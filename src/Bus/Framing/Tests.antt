-- ===== src/Bus/Framing/Tests.antt =====
-- Concrete streams of frames.
use pi_persona.Base.{
  zero, ◌≡◌, refl, Bool, true, Option, none, some, List, [], ◌∷◌, map, arith, flatten,
}
use pi_persona.Bus.Framing.{
  Bytes, frame, too_large, malformed, new_reader, encode_frame, write_uint32_be, read_uint32_be,
  deliver_object, poison, drain, feed, feed_all,
}
use pi_persona.Bus.Framing.Agreement.{Agree}
use pi_persona.Bus.Framing.Stream.{feed_all-flatten}
use pi_persona.Bus.Framing.Roundtrip.{feed_all-encode_frame}

-- Values that are their own text; a text that starts with 0 is malformed.
abbrev raw : Bytes → Bytes
raw b = b

abbrev parse_raw : Bytes → Option Bytes
parse_raw (zero ∷ b) = none
parse_raw b = some b

abbrev accept_all : Bytes → Bool
accept_all _ = true

abbrev two_values : List Bytes
two_values = (7 ∷ 8 ∷ []) ∷ (9 ∷ []) ∷ []

-- Cut within the first header, and within the second.
abbrev halves_of : List Bytes
halves_of = (0 ∷ 0 ∷ []) ∷ (0 ∷ 2 ∷ 7 ∷ 8 ∷ 0 ∷ []) ∷ [] ∷ (0 ∷ 0 ∷ 1 ∷ 9 ∷ []) ∷ []

feed_all-encode_frame_example :
    feed_all parse_raw accept_all new_reader halves_of ≡ (new_reader, map frame two_values)
unfolding encode_frame write_uint32_be
feed_all-encode_frame_example =
    feed_all-encode_frame raw parse_raw accept_all two_values halves_of
      (
        record { parsed = refl; fits = omega arith; taken = refl },
        (record { parsed = refl; fits = omega arith; taken = refl }, tt),
      )
      refl

feed_all-flatten_example :
    Agree
      (feed_all parse_raw accept_all new_reader halves_of)
      (feed parse_raw accept_all new_reader (flatten halves_of))
feed_all-flatten_example = feed_all-flatten parse_raw accept_all halves_of

malformed_frame :
    (feed parse_raw accept_all new_reader (0 ∷ 0 ∷ 0 ∷ 1 ∷ 9 ∷ 0 ∷ 0 ∷ 0 ∷ 1 ∷ 0 ∷ 5 ∷ [])).1
    ≡ frame (9 ∷ []) ∷ malformed ∷ []
unfolding feed drain deliver_object poison read_uint32_be
malformed_frame = refl

large_frame :
    (feed parse_raw accept_all new_reader (1 ∷ 0 ∷ 0 ∷ 1 ∷ [])).1 ≡ too_large 16777217 ∷ []
unfolding feed drain deliver_object poison read_uint32_be
large_frame = refl
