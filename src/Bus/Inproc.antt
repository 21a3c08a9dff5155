-- ===== src/Bus/Inproc.antt =====
-- bus/inproc.ts: the mailboxes of the agents of one session. A message id `m<n>` is its number n. A
-- settled promise and the call of the settlement listeners are the Settlement that an operation hands
-- on. An observer that calls the bus while it is notified makes the calls that follow the delivery.
pub mod Delivery
pub mod Live
pub mod Retention
pub mod Invariant
pub mod Calls
pub mod Accounts
pub mod History
pub mod Once
mod Tests
use pi_persona.Base.{
  ℕ, suc, ◌+◌, ◌-◌, Bool, true, false, not, ◌&&◌, ◌||◌, Option, none, some, List, [], ◌∷◌, ◌++◌,
  map, ltb, leb, ◌==◌, if◌then◌else◌, is_some, or_else, any, find, filter, length, Text, text_eq,
  TextMap, lookup, insert, delete,
}

pub data MsgKind : Type 0 where
  progress decision interview : MsgKind

pub record Envelope : Type 0 where
  pub id : ℕ
  pub sender : Text
  pub recipient : Text
  pub kind : MsgKind
  pub text : Text
  pub expects_reply : Bool

abbrev pub max_retained_messages : ℕ
max_retained_messages = 256

abbrev pub max_retained_message_chars : ℕ
max_retained_message_chars = 256000

abbrev pub max_inbox_messages : ℕ
max_inbox_messages = 200

pub data Reason : Type 0 where
  replied aborted timeout unregistered inbox_full delivery_error : Reason

-- `AskSettlement`, with the text that the promise resolves to, or none where it is rejected.
pub record Settlement : Type 0 where
  pub id : ℕ
  pub sender : Text
  pub recipient : Text
  pub reason : Reason
  pub reply : Option Text

pub record PendingAsk : Type 0 where
  pub id : ℕ
  pub sender : Text
  pub recipient : Text

pub record InProcessBus : Type 0 where
  pub seq : ℕ
  pub max_inbox : ℕ
  pub inboxes : TextMap (List Envelope)
  pub retained_messages : List Envelope
  pub retained_message_chars : ℕ
  pub pending_asks : List PendingAsk

-- The option of the constructor is a number of the host, floored, or none where it is absent or not
-- finite.
pub inbox_bound : Option ℕ → ℕ
inbox_bound none = max_inbox_messages
inbox_bound (some n) = if ltb 1 n then n else 1

pub new_bus : Option ℕ → InProcessBus
new_bus max_inbox = record {
  seq = 0;
  max_inbox = inbox_bound max_inbox;
  inboxes = [];
  retained_messages = [];
  retained_message_chars = 0;
  pending_asks = [];
}

-- The box without its oldest one-way note, or none where every message is a live ask.
pub remove_note : List Envelope → Option (List Envelope)
remove_note [] = none
remove_note (e ∷ box) =
    let rest = remove_note box in
    if not e.expects_reply then some box else elim rest [ none ↦ none | some b ↦ some (e ∷ b) ]

pub deliver_to : ℕ → List Envelope → Envelope → Option (List Envelope)
deliver_to max_inbox box env =
    if leb max_inbox (length box)
    then elim (remove_note box) [ none ↦ none | some b ↦ some (b ++ (env ∷ [])) ]
    else some (box ++ (env ∷ []))

-- The box without the first message of this id.
pub remove_id : ℕ → List Envelope → List Envelope
remove_id id [] = []
remove_id id (e ∷ box) = let rest = remove_id id box in if e.id == id then box else e ∷ rest

-- The message object is shared: it is the pending ask's, and that of the inbox or of the retained ones.
pub answered : ℕ → Text → Envelope → Envelope
answered id recipient e =
    if e.id == id && text_eq e.recipient recipient then record e { expects_reply = false } else e

pub retire_ask_envelope : PendingAsk → InProcessBus → InProcessBus
retire_ask_envelope p s = record s {
  inboxes = elim (lookup p.recipient s.inboxes) [
    | none ↦ s.inboxes
    | some box ↦ insert p.recipient (remove_id p.id box) s.inboxes
  ];
  retained_messages = map (answered p.id p.recipient) s.retained_messages;
}

pub reply_of : Reason → Option Text → Option Text
reply_of replied reply = some (or_else reply [])
reply_of _ reply = none

pub settlement_of : PendingAsk → Reason → Option Text → Settlement
settlement_of p reason reply = record {
  id = p.id;
  sender = p.sender;
  recipient = p.recipient;
  reason = reason;
  reply = reply_of reason reply;
}

pub without_ask : ℕ → InProcessBus → InProcessBus
without_ask id s = record s { pending_asks = filter (λ p. not (p.id == id)) s.pending_asks }

pub settle_ask : InProcessBus → ℕ → Reason → Option Text → Bool × InProcessBus × List Settlement
settle_ask s id reason reply = elim (find (λ p. p.id == id) s.pending_asks) [
  | none ↦ (false, s, [])
  | some p ↦ (true, retire_ask_envelope p (without_ask id s), settlement_of p reason reply ∷ [])
]

-- The loop of `retain`, from the oldest message on.
pub shrink : List Envelope → ℕ → List Envelope × ℕ
shrink [] chars = ([], chars)
shrink (e ∷ es) chars =
    let rest = shrink es (chars - length e.text) in
    if ltb max_retained_messages (length (e ∷ es)) || ltb max_retained_message_chars chars
    then rest
    else (e ∷ es, chars)

-- `retain` on the retained messages and their characters.
pub retain : List Envelope × ℕ → Envelope → List Envelope × ℕ
retain (es, chars) env =
    if ltb max_retained_message_chars (length env.text) || any (λ e. e.id == env.id) es
    then (es, chars)
    else shrink (es ++ (env ∷ [])) (chars + length env.text)

pub retain_each : List Envelope × ℕ → List Envelope → List Envelope × ℕ
retain_each held [] = held
retain_each held (e ∷ es) = retain_each (retain held e) es

pub retain_all : InProcessBus → List Envelope → InProcessBus
retain_all s es =
    let (kept, chars) = retain_each (s.retained_messages, s.retained_message_chars) es in
    record s { retained_messages = kept; retained_message_chars = chars }

pub register : InProcessBus → Text → InProcessBus
register s name =
    if is_some (lookup name s.inboxes) then s else record s { inboxes = insert name [] s.inboxes }

-- The asks of `asks` that name the participant are settled, in their order.
pub settle_all : InProcessBus → Text → List PendingAsk → InProcessBus × List Settlement
settle_all s name [] = (s, [])
settle_all s name (p ∷ asks) =
    let (found, s', log) = settle_ask s p.id unregistered none in
    let settled = settle_all s' name asks in
    let others = settle_all s name asks in
    if text_eq p.sender name || text_eq p.recipient name
    then (settled.0, log ++ settled.1)
    else others

-- The retained messages to others, and the characters that are left.
pub forget_messages_to : Text → List Envelope → ℕ → List Envelope × ℕ
forget_messages_to name [] chars = ([], chars)
forget_messages_to name (e ∷ es) chars =
    let dropped = forget_messages_to name es (chars - length e.text) in
    let (kept, left) = forget_messages_to name es chars in
    if not (text_eq e.recipient name) then (e ∷ kept, left) else dropped

pub unregister : InProcessBus → Text → InProcessBus × List Settlement
unregister s name =
    let (s', log) = settle_all (record s { inboxes = delete name s.inboxes }) name s.pending_asks in
    let (kept, chars) = forget_messages_to name s'.retained_messages s'.retained_message_chars in
    (record s' { retained_messages = kept; retained_message_chars = chars }, log)

pub participants : InProcessBus → List Text
participants s = map (λ e. e.0) s.inboxes

pub send_note : InProcessBus → Text → Text → Text → MsgKind → Bool × InProcessBus
send_note s sender recipient text kind = elim (lookup recipient s.inboxes) [
  | none ↦ (false, s)
  | some box ↦
      let env : Envelope = record {
        id = suc s.seq;
        sender = sender;
        recipient = recipient;
        kind = kind;
        text = text;
        expects_reply = false;
      } in
      let counted = record s { seq = suc s.seq } in
      elim (deliver_to s.max_inbox box env) [
        | none ↦ (false, counted)
        | some box' ↦ (true, record counted { inboxes = insert recipient box' s.inboxes })
      ]
]

-- The ask is pending before it is delivered, and settled at once where it is not delivered. None: the
-- recipient is unknown, which is thrown.
pub ask_peer :
    InProcessBus → Text → Text → Text → MsgKind → Bool → Option (ℕ × InProcessBus × List Settlement)
ask_peer s sender recipient text kind is_aborted = elim (lookup recipient s.inboxes) [
  | none ↦ none
  | some box ↦
      let id = suc s.seq in
      let env : Envelope = record {
        id = id;
        sender = sender;
        recipient = recipient;
        kind = kind;
        text = text;
        expects_reply = true;
      } in
      let ask : PendingAsk = record { id = id; sender = sender; recipient = recipient } in
      let asked = record s { seq = id; pending_asks = s.pending_asks ++ (ask ∷ []) } in
      let (_, gone, why) = settle_ask asked id aborted none in
      let (_, full, reason) = settle_ask asked id inbox_full none in
      if is_aborted then some (id, gone, why) else elim (deliver_to s.max_inbox box env) [
        | none ↦ some (id, full, reason)
        | some box' ↦ some (id, record asked { inboxes = insert recipient box' s.inboxes }, [])
      ]
]

pub reply_to : InProcessBus → ℕ → Text → Bool × InProcessBus × List Settlement
reply_to s ask_id text = settle_ask s ask_id replied (some text)

-- `take`, which makes an inbox for a name that has none.
pub take_all : InProcessBus → Text → List Envelope × InProcessBus
take_all s name =
    let box = or_else (lookup name s.inboxes) [] in
    (box, retain_all (record s { inboxes = insert name [] s.inboxes }) box)

pub take_where : InProcessBus → Text → (Envelope → Bool) → List Envelope × InProcessBus
take_where s name pred = elim (lookup name s.inboxes) [
  | none ↦ ([], s)
  | some [] ↦ ([], s)
  | some (e ∷ box) ↦ (
    filter pred (e ∷ box),
    retain_all (record s { inboxes = insert name (filter (λ m. not (pred m)) (e ∷ box)) s.inboxes })
        (filter pred (e ∷ box)),
  )
]

pub retrieve : InProcessBus → ℕ → Option Text → Option Envelope
retrieve s message_id recipient = elim (find (λ e. e.id == message_id) s.retained_messages) [
  | none ↦ none
  | some e ↦ elim recipient [
    | none ↦ some e
    | some name ↦ if text_eq e.recipient name then some e else none
  ]
]

pub unread : InProcessBus → Text → List Envelope
unread s name = or_else (lookup name s.inboxes) []

pub has_unread : InProcessBus → Text → Bool
has_unread s name = ltb 0 (length (or_else (lookup name s.inboxes) []))

pub has_pending_ask_from : InProcessBus → Text → Bool
has_pending_ask_from s handle = any (λ p. text_eq p.sender handle) s.pending_asks
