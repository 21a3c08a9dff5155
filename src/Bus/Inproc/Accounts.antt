-- ===== src/Bus/Inproc/Accounts.antt =====
-- Counts of an id among the pending asks and among the settlements.
use pi_persona.Base.{
  ℕ, ◌+◌, ◌≤◌, ◌≡◌, ◌∙◌, sym, refl, subst, inl, inr, not, ◌||◌, Option, none, some, List, [], ◌∷◌,
  ◌++◌, arith, ◌==◌, if◌then◌else◌, length, length-append, filter, filter-append, find, find-filter,
  Bool-cases, Option-cases, Text, text_eq,
}
use pi_persona.Bus.Inproc.{
  PendingAsk, InProcessBus, Reason, unregistered, Settlement, settlement_of, settle_ask, settle_all,
  without_ask, retire_ask_envelope,
}

abbrev pub pending_count : ℕ → InProcessBus → ℕ
pending_count id s = length (filter (λ p. p.id == id) s.pending_asks)

abbrev pub settled_count : ℕ → List Settlement → ℕ
settled_count id log = length (filter (λ e. e.id == id) log)

pub settled_count-append :
    (id : ℕ) (log more : List Settlement)
    → settled_count id (log ++ more) ≡ settled_count id log + settled_count id more
settled_count-append id log more =
    rw (filter-append (λ e. e.id == id) log more)
      (length-append (filter (λ e. e.id == id) log) (filter (λ e. e.id == id) more))

count-without :
    (i id : ℕ) (asks : List PendingAsk)
    → length (filter (λ p. p.id == i) (filter (λ p. not (p.id == id)) asks))
      ≡ (if i == id then 0 else length (filter (λ p. p.id == i) asks))
count-without i id [] = ground arith
count-without i id (p ∷ asks) = ground (arith, count-without i id asks)

found-count :
    (id : ℕ) (asks : List PendingAsk) (p : PendingAsk)
    → find (λ q. q.id == id) asks ≡ some p
    → 1 ≤ length (filter (λ q. q.id == id) asks)
found-count id [] p h = ground arith
found-count id (q ∷ asks) p h = ground (arith, found-count id asks p)

-- A settlement moves the count of each id from the pending asks to the settlements.
pub settle_ask-count :
    (s : InProcessBus) (id : ℕ) (reason : Reason) (reply : Option Text) (i : ℕ)
    → pending_count i s ≤ 1
    → pending_count i (settle_ask s id reason reply).1
        + settled_count i (settle_ask s id reason reply).2
      ≡ pending_count i s
unfolding settle_ask retire_ask_envelope without_ask settlement_of
settle_ask-count s id reason reply i few =
    elim (Option-cases (find (λ p. p.id == id) s.pending_asks)) [
      | inl unknown ↦ rw (unknown, settle_ask) (omega arith)
      | inr (p, found) ↦
          let own : p.id ≡ id =
            ground (arith, find-filter (λ q. q.id == id) s.pending_asks p found) in
          let one = found-count id s.pending_asks p found in
          let left = count-without i id s.pending_asks in
          rw (found, settle_ask, left, own)
            (elim (Bool-cases (i == id)) [
              | inl same ↦
                  let e : i ≡ id = ground arith in
                  ground (arith, few, subst (λ j. 1 ≤ pending_count j s) (sym e) one)
              | inr other ↦ ground arith
            ])
    ]

pub settle_ask-seq :
    (s : InProcessBus) (id : ℕ) (reason : Reason) (reply : Option Text)
    → (settle_ask s id reason reply).1.seq ≡ s.seq
unfolding settle_ask retire_ask_envelope without_ask
settle_ask-seq s id reason reply = elim (Option-cases (find (λ p. p.id == id) s.pending_asks)) [
  | inl unknown ↦ rw (unknown, settle_ask) refl
  | inr (p, found) ↦ rw (found, settle_ask) refl
]

pub settle_all-count :
    (s : InProcessBus) (name : Text) (asks : List PendingAsk) (i : ℕ)
    → pending_count i s ≤ 1
    → pending_count i (settle_all s name asks).0 + settled_count i (settle_all s name asks).1
      ≡ pending_count i s
unfolding settle_all
settle_all-count s name [] i few = omega arith
settle_all-count s name (p ∷ asks) i few =
    elim (Bool-cases (text_eq p.sender name || text_eq p.recipient name)) [
      | inl named ↦
          let s' = (settle_ask s p.id unregistered none).1 in
          let log = (settle_ask s p.id unregistered none).2 in
          let now = settle_ask-count s p.id unregistered none i few in
          let later =
            settle_all-count (settle_ask s p.id unregistered none).1 name asks i
              (omega (arith, now, few)) in
          rw named
            (omega (arith, now, later, settled_count-append i log (settle_all s' name asks).1))
      | inr other ↦ rw other (settle_all-count s name asks i few)
    ]

pub settle_all-seq :
    (s : InProcessBus) (name : Text) (asks : List PendingAsk)
    → (settle_all s name asks).0.seq ≡ s.seq
unfolding settle_all
settle_all-seq s name [] = refl
settle_all-seq s name (p ∷ asks) =
    elim (Bool-cases (text_eq p.sender name || text_eq p.recipient name)) [
      | inl named ↦ rw named (
          settle_all-seq (settle_ask s p.id unregistered none).1 name asks
          ∙ settle_ask-seq s p.id unregistered none)
      | inr other ↦ rw other (settle_all-seq s name asks)
    ]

**PROBLEM DESCRIPTION:**
Looking at the data above, return every line from the one with "-- The box without its" down to the one with "if e.id == id &&", exactly and inclusively.

**ANSWER:**
-- The box without its oldest one-way note, or none where every message is a live ask.
pub remove_note : List Envelope → Option (List Envelope)
remove_note [] = none
remove_note (e ∷ box) =
    let rest = remove_note box in
    if not e.expects_reply then some box else elim rest [ none ↦ none | some b ↦ some (e ∷ b) ]

pub deliver_to : ℕ → List Envelope → Envelope → Option (List Envelope)
deliver_to max_inbox box env =
    if leb max_inbox (length box)
    then elim (remove_note box) [ none ↦ none | some b ↦ some (b ++ (env ∷ [])) ]
    else some (box ++ (env ∷ []))

-- The box without the first message of this id.
pub remove_id : ℕ → List Envelope → List Envelope
remove_id id [] = []
remove_id id (e ∷ box) = let rest = remove_id id box in if e.id == id then box else e ∷ rest

-- The message object is shared: it is the pending ask's, and that of the inbox or of the retained ones.
pub answered : ℕ → Text → Envelope → Envelope
answered id recipient e =
    if e.id == id && text_eq e.recipient recipient then record e { expects_reply = false } else e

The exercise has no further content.